## AIM OF THE EXERCISE
Copy the first line of the material below and every later line through the line containing "done (write_response b) = b", without any other output.

+===+

-- ===== src/Disk/Scheduler.antt =====
-- src/storage/disk/disk_scheduler.rs: the requests to the worker, in the order in which they were sent.
use oxtub.Base.{ℕ, Bool, true, false, Option, none, some, List, [], ◌∷◌, ◌++◌, ok, err, panic}
use oxtub.Buffer.Pool.Defs.{DiskScheduler}
use oxtub.Disk.Manager.{DiskManager, FileOps, Returns, default_page_size}
use oxtub.Disk.Manager as Manager

-- `DiskRequest`, without the channel of the answer. The worker answers a read and a write.
pub data DiskRequest : Type 0 where
  read_request : ℕ → DiskRequest
  write_request : ℕ → List ℕ → DiskRequest
  delete_request : ℕ → DiskRequest

pub data Response : Type 0 where
  read_response : Option (List ℕ) → Response
  write_response : Bool → Response
  no_response : Response

-- The channel, the oldest request first, and what the worker owns.
pub record Worker (F : Type 0) : Type 0 where
  pub channel : List DiskRequest
  pub disk_manager : DiskManager F

abbrev pub bytes_of : Response → Option (List ℕ)
bytes_of (read_response o) = o
bytes_of (write_response b) = none
bytes_of no_response = none

abbrev pub done : Response → Bool
done (read_response o) = false
done (write_response b) = b
done no_response = false

module _ {F : Type 0} where
  abbrev pub read_result : Returns F (List ℕ) → Response × DiskManager F
  read_result (ok bytes, dm) = (read_response (some bytes), dm)
  read_result (err e, dm) = (read_response none, dm)
  read_result (panic, dm) = (read_response none, dm)

  abbrev pub write_result : Returns F (Unit {0}) → Response × DiskManager F
  write_result (ok _, dm) = (write_response true, dm)
  write_result (err e, dm) = (write_response false, dm)
  write_result (panic, dm) = (write_response false, dm)

module _ {F : Type 0} ⦃file : FileOps F⦄ where
  -- One turn of the worker's loop. A deletion that fails is logged.
  abbrev pub serve : DiskRequest → DiskManager F → Response × DiskManager F
  serve (read_request page_id) dm = read_result (Manager.read_page page_id default_page_size dm)
  serve (write_request page_id data_bytes) dm =
      write_result (Manager.write_page page_id data_bytes dm)
  serve (delete_request page_id) dm = (no_response, (Manager.delete_page page_id dm).1)

  -- The worker on all that was sent before.
  abbrev pub serve_all : List DiskRequest → DiskManager F → DiskManager F
  serve_all [] dm = dm
  serve_all (r ∷ rs) dm = serve_all rs (serve r dm).1

  -- A request whose sender waits for the answer.
  abbrev pub request : DiskRequest → Worker F → Response × DiskManager F
  request r w = serve r (serve_all w.channel w.disk_manager)

  -- `DiskScheduler` while its worker runs. A deletion is sent, and nobody waits for it.
  abbrev pub disk_scheduler : DiskScheduler (List ℕ) (Worker F)
  disk_scheduler = record {
    read_page = λ page_id w. (
      bytes_of (request (read_request page_id) w).0,
      record { channel = []; disk_manager = (request (read_request page_id) w).1 },
    );
    write_page = λ page_id bytes w. (
      done (request (write_request page_id bytes) w).0,
      record { channel = []; disk_manager = (request (write_request page_id bytes) w).1 },
    );
    delete_page = λ page_id w. record w { channel = w.channel ++ delete_request page_id ∷ [] };
  }
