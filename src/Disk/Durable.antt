-- ===== src/Disk/Durable.antt =====
-- The disk that src/buffer/bpm.rs uses: the scheduler of src/storage/disk/disk_scheduler.rs over the
-- manager of src/storage/disk/disk_manager.rs keeps the laws of a page store.
use oxtub.Base.{
  ℕ, ◌≡◌, refl, ap, sym, subst, ◌∙◌, ◌≢◌, inl, inr, Option, none, some, List, [], ◌∷◌, ◌++◌, length,
  ok, Option-cases, Bool-cases, ◌==◌, eq_of_==, ne_of_==,
}
use mathlib.Core.Option.{some-injective}
use oxtub.Base.Assoc.{get}
use oxtub.Buffer.Pool.Store.{DiskLaws}
use oxtub.Disk.Manager.{DiskManager, FileOps, default_page_size, page_not_found}
use oxtub.Disk.Manager as Manager
use oxtub.Disk.Files.{FileLaws, DiskInv, bytes_at, view}
use oxtub.Disk.Pages.{write_page-view, read_page-view, delete_page-view}
use oxtub.Disk.Scheduler.{
  DiskRequest, delete_request, Worker, serve, serve_all, disk_scheduler, read_result, write_result,
}

module _ {F : Type 0} ⦃file : FileOps F⦄ (laws : FileLaws F file)
    (content_size : (f : F) (off : ℕ) → length (laws.content f off) ≡ default_page_size) where
  abbrev pub served : Worker F → DiskManager F
  served w = serve_all w.channel w.disk_manager

  abbrev pub Good : Worker F → Type 0
  Good w = DiskInv laws (served w)

  -- The bytes of a page once the worker has served the channel.
  abbrev pub stored : Worker F → ℕ → Option (List ℕ)
  stored w p = view laws (served w) p

  serve_all-push :
      (rs : List DiskRequest) (r : DiskRequest) (dm : DiskManager F)
      → serve_all (rs ++ r ∷ []) dm ≡ (serve r (serve_all rs dm)).1
  serve_all-push [] r dm = refl
  serve_all-push (q ∷ rs) r dm = serve_all-push rs r (serve q dm).1

  pub view_full :
      (o : Option ℕ) (f : F) (b : List ℕ)
      → bytes_at laws o f ≡ some b
      → length b ≡ default_page_size
  view_full none f b h = absurd (cc h)
  view_full (some off) f b h =
      ap length (sym (some-injective (laws.content f off) b h)) ∙ content_size f off

  -- What a deletion does, whether the page was there or not.
  deletes :
      (dm : DiskManager F) (p : ℕ)
      → DiskInv laws dm
      → DiskInv laws (Manager.delete_page p dm).1
        × (view laws (Manager.delete_page p dm).1 p ≡ none)
        × ((q : ℕ) → p ≢ q → view laws (Manager.delete_page p dm).1 q ≡ view laws dm q)
  deletes dm p v = elim (Option-cases (view laws dm p)) [
    | inl e ↦
        let same : dm ≡ (Manager.delete_page p dm).1 =
          sym (ap (λ x. x.1) ((delete_page-view laws dm p v).0 e)) in
        subst
          (λ (x : DiskManager F).
            DiskInv laws x
            × (view laws x p ≡ none)
            × ((q : ℕ) → p ≢ q → view laws x q ≡ view laws dm q))
          same (v, e, λ q ne. refl)
    | inr (b, e) ↦
        let (dm', runs, v', gone, others) = (delete_page-view laws dm p v).1 b e in
        subst
          (λ (x : DiskManager F).
            DiskInv laws x
            × (view laws x p ≡ none)
            × ((q : ℕ) → p ≢ q → view laws x q ≡ view laws dm q))
          (sym (ap (λ x. x.1) runs)) (v', gone, others)
  ]

  after_delete :
      (w : Worker F) (p : ℕ)
      → served (disk_scheduler.delete_page p w) ≡ (Manager.delete_page p (served w)).1
  after_delete w p = serve_all-push w.channel (delete_request p) w.disk_manager

  -- While the disk is in order, a request to delete a page is as good as done once it is sent: whatever
  -- is asked of the worker later finds the page gone and every other page with its bytes, and the disk
  -- stays in order.
  pub delete_page-stored :
      (w : Worker F) (p : ℕ)
      → Good w
      → Good (disk_scheduler.delete_page p w)
        × (stored (disk_scheduler.delete_page p w) p ≡ none)
        × ((q : ℕ) → p ≢ q → stored (disk_scheduler.delete_page p w) q ≡ stored w q)
  delete_page-stored w p v =
      subst
        (λ (x : DiskManager F).
          DiskInv laws x × (view laws x p ≡ none) × ((q : ℕ) → p ≢ q → view laws x q ≡ stored w q))
        (sym (after_delete w p)) (deletes (served w) p v)

  -- A read of a disk in order succeeds; it allocates the page if it has to.
  pub read_page-stored :
      (w : Worker F) (p : ℕ)
      → Good w
      → (bytes : List ℕ) × ((disk_scheduler.read_page p w).0 ≡ some bytes)
        × Good (disk_scheduler.read_page p w).1
        × (stored (disk_scheduler.read_page p w).1 p ≡ some bytes)
        × ((b : List ℕ) → stored w p ≡ some b → bytes ≡ b)
        × ((q : ℕ) → p ≢ q → stored (disk_scheduler.read_page p w).1 q ≡ stored w q)
  read_page-stored w p v =
      let (bytes, dm', runs, v', holds, old, others) = read_page-view laws (served w) p v in
      (
        bytes,
        rw runs refl,
        subst (λ (x : DiskManager F). DiskInv laws x) (sym (after_read w p bytes dm' runs)) v',
        subst (λ (x : DiskManager F). view laws x p ≡ some bytes)
            (sym (after_read w p bytes dm' runs)) holds,
        old,
        λ q ne.
            ap (λ (x : DiskManager F). view laws x q) (after_read w p bytes dm' runs) ∙ others q ne,
      )
    where
      after_read :
          (w : Worker F) (p : ℕ) (bytes : List ℕ) (dm' : DiskManager F)
          → Manager.read_page p default_page_size (served w) ≡ (ok bytes, dm')
          → served (disk_scheduler.read_page p w).1 ≡ dm'
      after_read w p bytes dm' runs = ap (λ x. (read_result x).1) runs

  -- A write of a full page succeeds and changes no other page.
  pub write_page-stored :
      (w : Worker F) (p : ℕ) (b : List ℕ)
      → Good w
      → length b ≡ default_page_size
      → Good (disk_scheduler.write_page p b w).1
        × (stored (disk_scheduler.write_page p b w).1 p ≡ some b)
        × ((q : ℕ) → p ≢ q → stored (disk_scheduler.write_page p b w).1 q ≡ stored w q)
  write_page-stored w p b v full =
      let (dm', runs, v', holds, others) = write_page-view laws (served w) p b v full in
      (
        subst (λ (x : DiskManager F). DiskInv laws x) (sym (after_write w p b dm' runs)) v',
        subst (λ (x : DiskManager F). view laws x p ≡ some b) (sym (after_write w p b dm' runs))
            holds,
        λ q ne.
            ap (λ (x : DiskManager F). view laws x q) (after_write w p b dm' runs) ∙ others q ne,
      )
    where
      after_write :
          (w : Worker F) (p : ℕ) (b : List ℕ) (dm' : DiskManager F)
          → Manager.write_page p b (served w) ≡ (ok tt, dm')
          → served (disk_scheduler.write_page p b w).1 ≡ dm'
      after_write w p b dm' runs = ap (λ x. (write_result x).1) runs

  -- A read never changes the bytes of a page that is there.
  pub read_page-kept :
      (w : Worker F) (p q : ℕ) (b : List ℕ)
      → Good w
      → stored w q ≡ some b
      → stored (disk_scheduler.read_page p w).1 q ≡ some b
  read_page-kept w p q b v h =
      let (bytes, _, _, holds, old, others) = read_page-stored w p v in
      elim (Bool-cases (p == q)) [
        | inl e ↦
            let same = eq_of_== p q e in
            let at_p : stored w p ≡ some b = ap (stored w) same ∙ h in
            ap (stored (disk_scheduler.read_page p w).1) (sym same) ∙ holds ∙ ap some (old b at_p)
        | inr e ↦ others q (ne_of_== p q e) ∙ h
      ]

  -- The disk of the pool.
  abbrev pub durable : DiskLaws (List ℕ) (Worker F) disk_scheduler
  durable = record {
    stored = stored;
    Good = Good;
    Full = λ b. length b ≡ default_page_size;
    stored_full = λ w p b v h. view_full (get p (served w).pages) (served w).db_file_handle b h;
    read_good = λ p w v. (read_page-stored w p v).2;
    read_kept = λ p q w b v h. read_page-kept w p q b v h;
    read_new = λ p q w v ne. (read_page-stored w p v).5 q ne;
    read_stored =
        λ p w b v h. let (bytes, e, _, holds, _, _) = read_page-stored w p v in holds ∙ sym e ∙ h;
    write_good = λ p b w v full. (write_page-stored w p b v full).0;
    write_stored = λ p b w v full h. (write_page-stored w p b v full).1;
    write_kept = λ p q b w v full ne. (write_page-stored w p b v full).2 q ne;
    delete_good = λ p w v. (delete_page-stored w p v).0;
    delete_gone = λ p w v. (delete_page-stored w p v).1;
    delete_kept = λ p q w v ne. (delete_page-stored w p v).2 q ne;
  }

+===+

## TASK SOLUTION
-- ===== src/Disk/Scheduler.antt =====
-- src/storage/disk/disk_scheduler.rs: the requests to the worker, in the order in which they were sent.
use oxtub.Base.{ℕ, Bool, true, false, Option, none, some, List, [], ◌∷◌, ◌++◌, ok, err, panic}
use oxtub.Buffer.Pool.Defs.{DiskScheduler}
use oxtub.Disk.Manager.{DiskManager, FileOps, Returns, default_page_size}
use oxtub.Disk.Manager as Manager

-- `DiskRequest`, without the channel of the answer. The worker answers a read and a write.
pub data DiskRequest : Type 0 where
  read_request : ℕ → DiskRequest
  write_request : ℕ → List ℕ → DiskRequest
  delete_request : ℕ → DiskRequest

pub data Response : Type 0 where
  read_response : Option (List ℕ) → Response
  write_response : Bool → Response
  no_response : Response

-- The channel, the oldest request first, and what the worker owns.
pub record Worker (F : Type 0) : Type 0 where
  pub channel : List DiskRequest
  pub disk_manager : DiskManager F

abbrev pub bytes_of : Response → Option (List ℕ)
bytes_of (read_response o) = o
bytes_of (write_response b) = none
bytes_of no_response = none

abbrev pub done : Response → Bool
done (read_response o) = false
done (write_response b) = b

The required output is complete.